Dos muertes sin conexión

Dijo Borges, no sin parte de razón, que "se estaban comiendo a los caníbales", pues el terror era también un contraterror. Luego reconocería don Jorge Luis lo evidente: que con los caníbales cayeron asimismo muchos que pasaban por allí.

Mueren sucesivamente Postigo y Pinochet, y el azar, como suele, propone asociaciones impensables. Los años de supuesta rebeldía colectiva, por ejemplo. Los del monopolio de la Televisión Española, cuando una audiencia baja eran diez millones de telespectadores y las veladas domésticas estaban hechas, que nadie se engañe, de copla y conformidad. Épocas en las que, a juzgar por lo que cuentan los de Cuéntame, la juventud nacional en pleno, y una parte importante de los no tan jóvenes, estaría "moviéndose" contra la dictadura. Postigo es un recordatorio de lo que realmente era España cuando la libertad se estaba desperezando.

El golpe de Estado chileno de septiembre de 1973 coge a nuestro país en el tramo final de un régimen dispuesto a un acto final de intervencionismo: tratar de eludir la crisis del petróleo, que tantas cosas cambiaría en el mundo, a base de subvencionar la energía. No estaba la cosa para crisis económicas que podían precipitar con facilidad otro tipo de crisis. No hubo, claro está, nada que hacer, y la recesión nos alcanzó con especial violencia cuando llegaron los ajustes, dos años después, coincidiendo con la muerte de Franco.

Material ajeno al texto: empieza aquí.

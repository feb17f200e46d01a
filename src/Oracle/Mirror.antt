-- ===== src/Oracle/Mirror.antt =====
-- The durable logs of EGAD/benchmarks/ycsb_cpu_shadow_index.cpp, appended to epoch by epoch and read by
-- a recovery.
use egad_code.Prelude.{
  ℕ, ◌+◌, ◌-◌, ◌^◌, ◌≤◌, ◌<◌, ◌≡◌, refl, sym, some, ◌==◌, ltb, leb, arith, Bool-cases, inl, inr,
  ◌∙◌, ◌&&◌, ap,
}
use egad_code.Prelude.Maps.{MapApi}
use egad_code.Shadow.{
  Shadow, shard_count, copy_words, load_initial_data, mirror_epoch, mirror_epoch_deletes,
  reconstruct_inserts_from_durable, apply_deletes_from_durable, view,
}
use egad_code.Shadow.Shards.{
  initial, replay_inserts, view-load_initial_data, view-reconstruct_inserts, view-apply_deletes,
}
use egad_code.Shadow.Logs.{replay_inserts-congr, replay_deletes-congr}
use egad_code.Oracle.Log.{Log, log_find, IsExtended}

copy_words-below :
    (dst : ℕ → ℕ) (offset : ℕ) (log : ℕ → ℕ) (n j : ℕ)
    → j < offset + n
    → (j < offset → dst j ≡ log j)
    → copy_words dst offset (λ i. log (offset + i)) n j ≡ log j
unfolding copy_words
copy_words-below dst offset log n j l h =
    let shifted : (i : ℕ) → offset ≤ i → offset + (i - offset) ≡ i = λ i le. omega arith in
    elim (Bool-cases (leb offset j && ltb j (offset + n))) [
      | inl b ↦ rw b (ap log (shifted j (ground arith)))
      | inr b ↦ rw b (h (ground arith))
    ]

module _ (maps : MapApi) where
  -- What an epoch appended to the logs, mirrored.
  abbrev pub mirror : Log → Log → Shadow maps → Shadow maps
  mirror log log' s =
      mirror_epoch_deletes maps (λ i. log'.delete_keys (log.deletes + i))
        (λ i. log'.delete_crids (log.deletes + i)) (log'.deletes - log.deletes) log.deletes
        (mirror_epoch maps (λ i. log'.insert_keys (log.inserts + i)) (log'.inserts - log.inserts)
          log.inserts s)

  -- After a crash: empty shards, the durable arrays as they were.
  abbrev pub crash : Shadow maps → Shadow maps
  crash s = record s { shards = λ tid. maps.empty }

  -- The rebuild of the shadow by EGAD/benchmarks/ycsb.cpp: the population, then the logs up to their
  -- cursors.
  abbrev pub recover : ℕ → ℕ → Shadow maps → Shadow maps
  recover inserts deletes s =
      apply_deletes_from_durable maps deletes
        (reconstruct_inserts_from_durable maps inserts (load_initial_data maps s))

  -- The durable arrays hold the log.
  abbrev pub IsDurable : Log → Shadow maps → Type 0
  IsDurable log s =
      (keys : ℕ → ℕ) × (del_keys : ℕ → ℕ) × (s.durable_insert_keys ≡ some keys)
      × (s.durable_delete_keys ≡ some del_keys)
      × ((j : ℕ) → j < log.inserts → keys j ≡ log.insert_keys j)
      × ((j : ℕ)
          → j < log.deletes
          → (del_keys j ≡ log.delete_keys j) × (s.durable_delete_crids j ≡ log.delete_crids j))

  mirror_epoch-durable :
      (log : ℕ → ℕ) (n old : ℕ) (s : Shadow maps) (keys : ℕ → ℕ)
      → s.durable_insert_keys ≡ some keys
      → let s' = mirror_epoch maps (λ i. log (old + i)) n old s in
        (keys' : ℕ → ℕ) × (s'.durable_insert_keys ≡ some keys')
        × ((j : ℕ) → j < old + n → (j < old → keys j ≡ log j) → keys' j ≡ log j)
        × (s'.durable_delete_keys ≡ s.durable_delete_keys)
        × (s'.durable_delete_crids ≡ s.durable_delete_crids)
  unfolding mirror_epoch
  mirror_epoch-durable log n old s keys e = elim (Bool-cases (n == 0)) [
    | inl b ↦ rw (b, mirror_epoch) (keys, e, λ j l h. h (ground arith), refl, refl)
    | inr b ↦
        rw (b, mirror_epoch, e)
          (
            copy_words keys old (λ i. log (old + i)) n,
            refl,
            λ j l h. copy_words-below keys old log n j l h,
            refl,
            refl,
          )
  ]

  mirror_epoch_deletes-durable :
      (log log_crids : ℕ → ℕ) (n old : ℕ) (s : Shadow maps) (keys : ℕ → ℕ)
      → s.durable_delete_keys ≡ some keys
      → let s' =
          mirror_epoch_deletes maps (λ i. log (old + i)) (λ i. log_crids (old + i)) n old s in
        (keys' : ℕ → ℕ) × (s'.durable_delete_keys ≡ some keys')
        × ((j : ℕ) → j < old + n → (j < old → keys j ≡ log j) → keys' j ≡ log j)
        × ((j : ℕ)
            → j < old + n
            → (j < old → s.durable_delete_crids j ≡ log_crids j)
            → s'.durable_delete_crids j ≡ log_crids j)
        × (s'.durable_insert_keys ≡ s.durable_insert_keys)
  unfolding mirror_epoch_deletes
  mirror_epoch_deletes-durable log log_crids n old s keys e = elim (Bool-cases (n == 0)) [
    | inl b ↦
        rw (b, mirror_epoch_deletes)
          (keys, e, λ j l h. h (ground arith), λ j l h. h (ground arith), refl)
    | inr b ↦
        rw (b, mirror_epoch_deletes, e)
          (
            copy_words keys old (λ i. log (old + i)) n,
            refl,
            λ j l h. copy_words-below keys old log n j l h,
            λ j l h. copy_words-below s.durable_delete_crids old log_crids n j l h,
            refl,
          )
  ]

  -- Mirroring what an epoch appended keeps the durable arrays up to date.
  pub mirror-IsDurable :
      (log log' : Log) (s : Shadow maps)
      → IsExtended log log'
      → IsDurable log s
      → IsDurable log' (mirror log log' s)
  mirror-IsDurable log log' s (ins, dels, old_keys, old_dels) (keys, del_keys, e, e', same, same') =
      let s1 =
        mirror_epoch maps (λ i. log'.insert_keys (log.inserts + i)) (log'.inserts - log.inserts)
          log.inserts s in
      let (keys', is, copied, keeps, keeps_crids) =
        mirror_epoch-durable log'.insert_keys (log'.inserts - log.inserts) log.inserts s keys e in
      let (del_keys', is', copied_keys, copied_crids, kept) =
        mirror_epoch_deletes-durable log'.delete_keys log'.delete_crids (log'.deletes - log.deletes)
          log.deletes s1 del_keys (keeps ∙ e') in
      (
        keys',
        del_keys',
        kept ∙ is,
        is',
        λ j l. copied j (omega arith) (λ b. same j b ∙ sym (old_keys j b)),
        λ j l. (
          copied_keys j (omega arith) (λ b. (same' j b).0 ∙ sym ((old_dels j b).0)),
          copied_crids j (omega arith)
              (λ b. ap (λ f. f j) keeps_crids ∙ (same' j b).1 ∙ sym ((old_dels j b).1)),
        ),
      )

  pub IsDurable-mono :
      (log log' : Log) (s : Shadow maps) → IsExtended log log' → IsDurable log' s → IsDurable log s
  IsDurable-mono log log' s (i, d, f, g) (keys, del_keys, e, e', same, same') = (
    keys,
    del_keys,
    e,
    e',
    λ j l. same j (omega arith) ∙ f j l,
    λ j l. ((same' j (omega arith)).0 ∙ (g j l).0, (same' j (omega arith)).1 ∙ (g j l).1),
  )

  reconstruct-durable :
      (count : ℕ) (s : Shadow maps) (keys : ℕ → ℕ)
      → s.durable_insert_keys ≡ some keys
      → let s' = reconstruct_inserts_from_durable maps count s in
        (s'.durable_delete_keys ≡ s.durable_delete_keys)
        × (s'.durable_delete_crids ≡ s.durable_delete_crids)
  unfolding reconstruct_inserts_from_durable
  reconstruct-durable count s keys e = elim (Bool-cases (count == 0)) [
    | inl b ↦ rw (reconstruct_inserts_from_durable, e, b) (refl, refl)
    | inr b ↦ rw (reconstruct_inserts_from_durable, e, b) (refl, refl)
  ]

  pub mirror-starting :
      (log log' : Log) (s : Shadow maps) → (mirror log log' s).starting ≡ s.starting
  unfolding mirror_epoch mirror_epoch_deletes
  mirror-starting log log' s = ground arith

  -- What a recovery makes of durable arrays that hold a log: the map that the log gives.
  pub recover-view :
      (base : ℕ) (log : Log) (s : Shadow maps) (key : ℕ)
      → s.starting ≡ base
      → base + shard_count ≤ 2 ^ 32
      → IsDurable log s
      → view maps (recover log.inserts log.deletes (crash s)) key ≡ log_find base log key
  unfolding load_initial_data
  recover-view base log s key start fits (keys, del_keys, e, e', same, same') =
      let loaded = load_initial_data maps (crash s) in
      let inserted = reconstruct_inserts_from_durable maps log.inserts loaded in
      let (kept, kept') = reconstruct-durable log.inserts loaded keys e in
      view-apply_deletes maps inserted del_keys log.deletes key (kept ∙ e')
      ∙ rw
          (
            kept',
            view-reconstruct_inserts maps loaded keys log.inserts key e,
            view-load_initial_data maps (crash s) key (rw start fits) refl,
            start,
            replay_inserts-congr base keys log.insert_keys log.inserts (initial base key) key same,
          )
          (replay_deletes-congr del_keys log.delete_keys s.durable_delete_crids log.delete_crids
            log.deletes (replay_inserts base log.insert_keys log.inserts (initial base key) key) key
            same')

El cierre masivo de empresas, el inicio de un desempleo que alcanzaría con Felipe González límites intolerables y algunas otras circunstancias derivadas en parte de lo anterior, como el incremento de la delincuencia, sirvieron el cuadro que permitió afirmar que vivíamos mejor con Franco, a unos, o contra Franco, a otros. Sólo que contra Franco habían vivido muy poquitos. Básicamente los comunistas del PCE. Que le echen un vistazo los jóvenes de la LOGSE a las imágenes de la última concentración franquista en la Plaza de Oriente si desean hacerse una idea de lo que era el Madrid de la primera mitad de los setenta. Es pura matemática: muchos de aquellos madrileños con el brazo en alto votarían pronto socialista e invocarían cien años de honradez.

Otras imágenes, las de La batalla de Chile, con sus ocho horas en blanco y negro, nos conmoverían en los dulces cine-clubs de la Transición. Aprenderíamos un antiamericanismo justificado en la estrategia de Kissinger, el auxilio liberticida a dictaduras de derecha en el Tercer Mundo, la subvención de una sarta de criminales uniformados, avalados por su anticomunismo, que, con frase feliz, Washington dio en llamar "nuestros hijos de puta". Uno de ellos es el que ha muerto ahora con noventa y un años. De las acciones que sembraron el terror en Chile o Argentina dijo Borges, no sin parte de razón, que "se estaban comiendo a los caníbales", pues el terror era también un contraterror. Luego reconocería don Jorge Luis lo evidente: que con los caníbales cayeron asimismo muchos que pasaban por allí. El terror es siempre terror.